Etymology: The lexical root of Sufi is variously traced to “suf = wool", referring either to the simple cloaks the early Muslim ascetics wore, or possibly to “safâ = purity”. Some suggest the origin of the word Sufi is from “ashab as-suffa= Companions of the Porch”, who were a group of impoverished Muslims during the time of Hadhrat Muhammad (SAW) who spent much of their time on the veranda of the Prophet's mosque, devoted to prayer and eager to memorize each new increment of the Quran as it was revealed. Some people link the word “Sufi” with the Greek word sophia "wisdom".

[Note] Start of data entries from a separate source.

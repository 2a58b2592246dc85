-- ===== src/Scheduler/Chain.antt =====
-- The linked nodes of a task queue as a list, and what the heap operations of src/scheduler.c do
-- to such a list.
use thread_management_librar.Base.{
  suc, ◌<◌, ◌≡◌, ◌≢◌, refl, Bool, true, false, ◌||◌, Option, none, some, List, [], ◌∷◌, ◌++◌, ◌∙◌,
  ap, arith, ◌==◌, length, size_mod,
}
use thread_management_librar.Scheduler.Store.{Ptr, null, Task, TaskNode, Store, write}

-- The address and the task of each node, from the head on.
abbrev pub Cells : Type 0
Cells = List (Ptr × Task)

abbrev pub has : Ptr → Cells → Bool
has a [] = false
has a ((p, t) ∷ cs) = (a == p) || has a cs

abbrev pub first : Cells → Ptr
first [] = null
first ((p, t) ∷ cs) = p

abbrev pub last : Cells → Ptr
last [] = null
last ((p, t) ∷ []) = p
last (c ∷ d ∷ cs) = last (d ∷ cs)

abbrev pub tasks : Cells → List Task
tasks [] = []
tasks ((p, t) ∷ cs) = t ∷ tasks cs

abbrev pub Heap : Type 0
Heap = Ptr → Option TaskNode

-- The nodes are linked in this order, are distinct, and the last link is NULL.
abbrev pub Chain : Heap → Cells → Type 0
Chain h [] = Unit
Chain h ((p, t) ∷ cs) =
    (p ≢ null)
    × (h p ≡ some (record { task = t; next = first cs }))
    × (has p cs ≡ false)
    × Chain h cs

pub record IsQueue (s : Store) (cs : Cells) : Type 0 where
  pub chain : Chain s.node cs
  pub head : s.queue.head ≡ first cs
  pub tail : s.queue.tail ≡ last cs
  pub counted : s.queue.count ≡ length cs
  pub fits : length cs < size_mod

-- A chain survives any change that spares its own nodes.
pub Chain-frame :
    (g h : Heap) (cs : Cells) → ((a : Ptr) → has a cs ≡ true → g a ≡ h a) → Chain h cs → Chain g cs
Chain-frame g h [] same c = tt
Chain-frame g h ((p, t) ∷ cs) same c =
    (c.0, same p (ground arith) ∙ c.1, c.2, Chain-frame g h cs (λ a i. same a (ground arith)) c.3)

pub Chain-write :
    (h : Heap) (p : Ptr) (n : Option TaskNode) (cs : Cells)
    → has p cs ≡ false
    → Chain h cs
    → Chain (write h p n) cs
Chain-write h p n cs out c = Chain-frame _ h cs (λ a i. ground arith) c

-- A node of a chain is allocated, so an address that is free is no node of it.
pub not_has_of_none : (h : Heap) (cs : Cells) (a : Ptr) → Chain h cs → h a ≡ none → has a cs ≡ false
not_has_of_none h [] a c e = refl
not_has_of_none h ((p, t) ∷ cs) a c e = ground (arith, not_has_of_none h cs a c.3)

pub has-append : (a : Ptr) (cs ds : Cells) → has a (cs ++ ds) ≡ (has a cs || has a ds)
has-append a [] ds = refl
has-append a (c ∷ cs) ds = ground (arith, has-append a cs ds)

has-last : (c : Ptr × Task) (cs : Cells) → has (last (c ∷ cs)) (c ∷ cs) ≡ true
has-last c [] = ground arith
has-last c (d ∷ cs) = ground (arith, has-last d cs)

pub ne-last : (c : Ptr × Task) (cs : Cells) (a : Ptr) → has a (c ∷ cs) ≡ false → a ≢ last (c ∷ cs)
ne-last c cs a out e = cc (out, ap (λ (b : Ptr). has b (c ∷ cs)) e, has-last c cs)

pub write_other : (h : Heap) (a p : Ptr) (n : Option TaskNode) → a ≢ p → write h p n a ≡ h a
write_other h a p n ne = ground arith

pub last-append : (cs : Cells) (p : Ptr) (t : Task) → last (cs ++ (p, t) ∷ []) ≡ p
last-append [] p t = refl
last-append (c ∷ []) p t = refl
last-append (c ∷ d ∷ cs) p t = last-append (d ∷ cs) p t

pub tasks-append : (cs ds : Cells) → tasks (cs ++ ds) ≡ tasks cs ++ tasks ds
tasks-append [] ds = refl
tasks-append (c ∷ cs) ds = ap (λ (ts : List Task). c.1 ∷ ts) (tasks-append cs ds)

pub length-tasks : (cs : Cells) → length (tasks cs) ≡ length cs
length-tasks [] = refl
length-tasks (c ∷ cs) = ap suc (length-tasks cs)

pub last-ne-null :
    (h : Heap) (c : Ptr × Task) (cs : Cells) → Chain h (c ∷ cs) → last (c ∷ cs) ≢ null
last-ne-null h c [] w = w.0
last-ne-null h c (d ∷ cs) w = last-ne-null h d cs w.3

-- The last node, and the chain after a new node is linked behind it.
pub Chain-link :
    (h : Heap) (c : Ptr × Task) (cs : Cells) (p : Ptr) (t : Task)
    → Chain h (c ∷ cs)
    → p ≢ null
    → has p (c ∷ cs) ≡ false
    → h p ≡ some (record { task = t; next = null })
    → (u : Task) × (h (last (c ∷ cs)) ≡ some (record { task = u; next = null }))
      × Chain
          (write h (last (c ∷ cs)) (some (record { task = u; next = p })))
          (c ∷ cs ++ (p, t) ∷ [])
Chain-link h c [] p t w ne out e = (c.1, w.1, ground arith)
Chain-link h c (d ∷ cs) p t w ne out e =
    let (u, at, rest) = Chain-link h d cs p t w.3 ne (ground arith) e in
    (
      u,
      at,
      (
        w.0,
        write_other h c.0 _ _ (ne-last d cs c.0 w.2) ∙ w.1,
        ground (arith, has-append c.0 cs ((p, t) ∷ [])),
        rest,
      ),
    )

While all Muslims believe that they are on the pathway to Allah and will become close to Allah in Paradise - after death and after the "Final Judgment" - Sufis also believe that it is possible to draw closer to Allah and to more fully embrace the Divine Presence in this life. The chief aim of all sufis is to seek the pleasing of Allah by working to restore within them the primordial state of fitra, described in the Quran. In this state nothing one does defies Allah, and all is undertaken by the single motivation of love of Allah. A secondary consequence of this is that the seeker may be led to abandon all notions of dualism or multiplicity, including a conception of an individual self, and to realize the Divine Unity.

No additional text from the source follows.